BERT prepends a special [CLS] (classification) token. After the full encoder stack, the [CLS] representation is used as a pooled sentence embedding:

Input: [CLS] The patient takes Warfarin [SEP]
Output: [h_CLS, h_The, h_patient, h_takes, h_Warfarin, h_SEP]
        ↑
        h_CLS is used for classification tasks
        (it attends to all tokens and aggregates sequence-level meaning)
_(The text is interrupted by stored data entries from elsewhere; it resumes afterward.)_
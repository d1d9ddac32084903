-- ===== src/Db/Transaction/Ending.antt =====
-- How transactions end.
use cribe.Prelude.{ℕ, ◌+◌, String, Bool, true, false, List, ◌∷◌, ◌≡◌, arith, count, if◌then◌else◌}
use cribe.Errors.{Error}
use cribe.Exec.{ok, err, Exec, is_ok}
use cribe.Db.Transaction.{
  Pool, Action, acquired, released, began, rolled_back, committed, DbState, abort, run_tx, in_tx,
}

abbrev is_acquired : Action × Bool → Bool
is_acquired (acquired, done) = done
is_acquired (a, done) = false

abbrev is_released : Action × Bool → Bool
is_released (released conn, done) = true
is_released (a, done) = false

abbrev is_committed : Action × Bool → Bool
is_committed (committed tx, done) = done
is_committed (a, done) = false

abbrev is_rolled_back : Action × Bool → Bool
is_rolled_back (rolled_back tx, done) = true
is_rolled_back (a, done) = false

-- How many connections were taken, were given back, and how many transactions were committed, and
-- were asked to roll back.
abbrev pub acquisitions : List (Action × Bool) → ℕ
acquisitions = count is_acquired

abbrev pub releases : List (Action × Bool) → ℕ
releases = count is_released

abbrev pub commits : List (Action × Bool) → ℕ
commits = count is_committed

abbrev pub rollbacks : List (Action × Bool) → ℕ
rollbacks = count is_rolled_back

module _ {S A : Type 0} (pool : Pool S) (iso_level : String) (f : ℕ → Exec (DbState S) A)
    (plain : (tx : ℕ) (w : DbState S) → (f tx w).1.actions ≡ w.actions) where
  run_tx-actions :
      (conn : ℕ) (w : DbState S)
      → let (r, w') = run_tx pool iso_level f conn w in
        (acquisitions w'.actions ≡ acquisitions w.actions)
        × (releases w'.actions ≡ releases w.actions)
        × (commits w'.actions ≡ commits w.actions + (if is_ok r then 1 else 0))
  unfolding run_tx abort
  run_tx-actions conn w = grind (arith, plain)

  -- Of a function that does not touch connections itself: every connection that is taken is given
  -- back, on every path, also after a panic; and the transaction is committed exactly if no error is
  -- returned.
  pub in_tx-actions :
      (w : DbState S)
      → let (r, w') = in_tx pool iso_level f w in
        (acquisitions w'.actions + releases w.actions
          ≡ releases w'.actions + acquisitions w.actions)
        × (commits w'.actions ≡ commits w.actions + (if is_ok r then 1 else 0))
  unfolding in_tx
  in_tx-actions w = grind (arith, run_tx-actions)

  -- If a begun transaction's function returns an error and does not touch connections itself, the
  -- transaction is asked to roll back, once.
  pub run_tx-rollback :
      (conn tx : ℕ) (w : DbState S) (e : Error)
      → (pool.begin_tx conn iso_level w.outside).0 ≡ ok tx
      → (f tx (record {
        outside = (pool.begin_tx conn iso_level w.outside).1;
        actions = (began, true) ∷ w.actions;
      })).0
        ≡ err e
      → rollbacks (run_tx pool iso_level f conn w).1.actions ≡ rollbacks w.actions + 1
  unfolding run_tx abort
  run_tx-rollback conn tx w e b h = grind (arith, plain)
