-- ===== src/Entry.antt =====
-- cmd/cribe-bot/main.go: how the program ends. `log.Fatalf` and `logger.Fatalf` end it at once, with no
-- deferred call; the HTTP server for health and profiling runs in a goroutine of its own.
pub mod Routing
pub mod Assembly
use cribe.Prelude.{String, Option, none, some}
use cribe.BuildInfo.{graffiti, greeting, info}
use cribe.Errors.{Error}
use cribe.Exec.{Result, ok, err, panic, Exec, pure, attempt}

pub data Ending : Type 0 where
  returned : Ending
  fatal : String → Error → Ending
  crashed : String → Ending

-- What `main` calls: the printing, `srvenv.Setup`, the HTTP server's `ListenAndServe`,
-- `bot.NewDispatcher` and `Run` of what it gives, of type `D`, and the deferred calls `env.AMQP().Close()` and `cancel()`.
pub record Parts (E D S : Type 0) : Type 0 where
  pub print : String → S → S
  pub setup : Exec S E
  pub listen_and_serve : E → Exec S (Unit {0})
  pub new_dispatcher : E → Exec S D
  pub run : D → E → Exec S (Unit {0})
  pub close : E → S → S
  pub cancel : S → S

-- What the server answers on `/health`.
abbrev pub health : String
health = "{\"status\": \"ok\"}"

-- The goroutine of the HTTP server assigns its error, which is never nil, to the variable `err` that
-- `main` assigns and tests as well. Where it does so between an assignment and its test, the test sees
-- the goroutine's error: behind `bot.NewDispatcher`, and behind `Run`.
pub record Races : Type 0 where
  pub at_new_dispatcher : Option Error
  pub at_run : Option Error

abbrev latest_of : Option Error → Error → Error
latest_of none e = e
latest_of (some x) e = x

-- What a test of `err` sees of a call.
abbrev overwritten : {S : Type 0} → Option Error → Result (Unit {0}) × S → Result (Unit {0}) × S
overwritten race (panic p, s) = (panic p, s)
overwritten race (err e, s) = (err (latest_of race e), s)
overwritten none (ok u, s) = (ok u, s)
overwritten (some x) (ok u, s) = (err x, s)

module _ {E D S : Type 0} (parts : Parts E D S) where
  -- The goroutine of the server: where it fails, the context is cancelled.
  unfoldable pub serve_metrics : E → Exec S (Unit {0})
  serve_metrics env =
      attempt (parts.listen_and_serve env) (λ e s. (ok tt, parts.cancel s)) (λ _. pure tt)

  -- The deferred calls, the last first.
  abbrev deferred : E → S → S
  deferred env s = parts.cancel (parts.close env s)

  abbrev ended : E → Result (Unit {0}) × S → Ending × S
  ended env (ok u, s) = (returned, deferred env s)
  ended env (err e, s) = (fatal "bot dispatcher" e, s)
  ended env (panic p, s) = (crashed p, deferred env s)

  module _ (races : Races) where
    abbrev dispatched : E → D → Result (Unit {0}) × S → Ending × S
    dispatched env dispatcher (ok u, s) =
        ended env (overwritten races.at_run (parts.run dispatcher env s))
    dispatched env dispatcher (err e, s) = (fatal "new telegram dispatcher" e, s)
    dispatched env dispatcher (panic p, s) = (crashed p, deferred env s)

    -- `dispatcher` and `err` are two variables: the goroutine overwrites the second alone.
    abbrev made : E → Result D × S → Ending × S
    made env (ok dispatcher, s) =
        dispatched env dispatcher (overwritten races.at_new_dispatcher (ok tt, s))
    made env (err e, s) = (fatal "new telegram dispatcher" (latest_of races.at_new_dispatcher e), s)
    made env (panic p, s) = (crashed p, deferred env s)

    abbrev served : Result E × S → Ending × S
    served (ok env, s) = made env (parts.new_dispatcher env s)
    served (err e, s) = (fatal "setup" e, s)
    served (panic p, s) = (crashed p, parts.cancel s)

  unfoldable pub banner : S → S
  unfolding greeting
  banner s = parts.print (greeting info) (parts.print graffiti s)

  unfoldable pub main : Races → S → Ending × S
  unfolding banner
  main races s = served races (parts.setup (banner s))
For retrieval and similarity, mean pooling over all token representations often outperforms the [CLS] token (used in sentence-transformers).

Interview Answer

"Encoder-only models like BERT use bidirectional self-attention — every token attends to all other tokens, giving full context from both directions. They're pretrained with Masked Language Modelling: randomly mask tokens and predict them from surrounding context. The outputs are contextualised embeddings suitable for classification, NER, extractive QA, and semantic similarity. They cannot generate text natively — for generation tasks, use decoder-only or encoder-decoder models."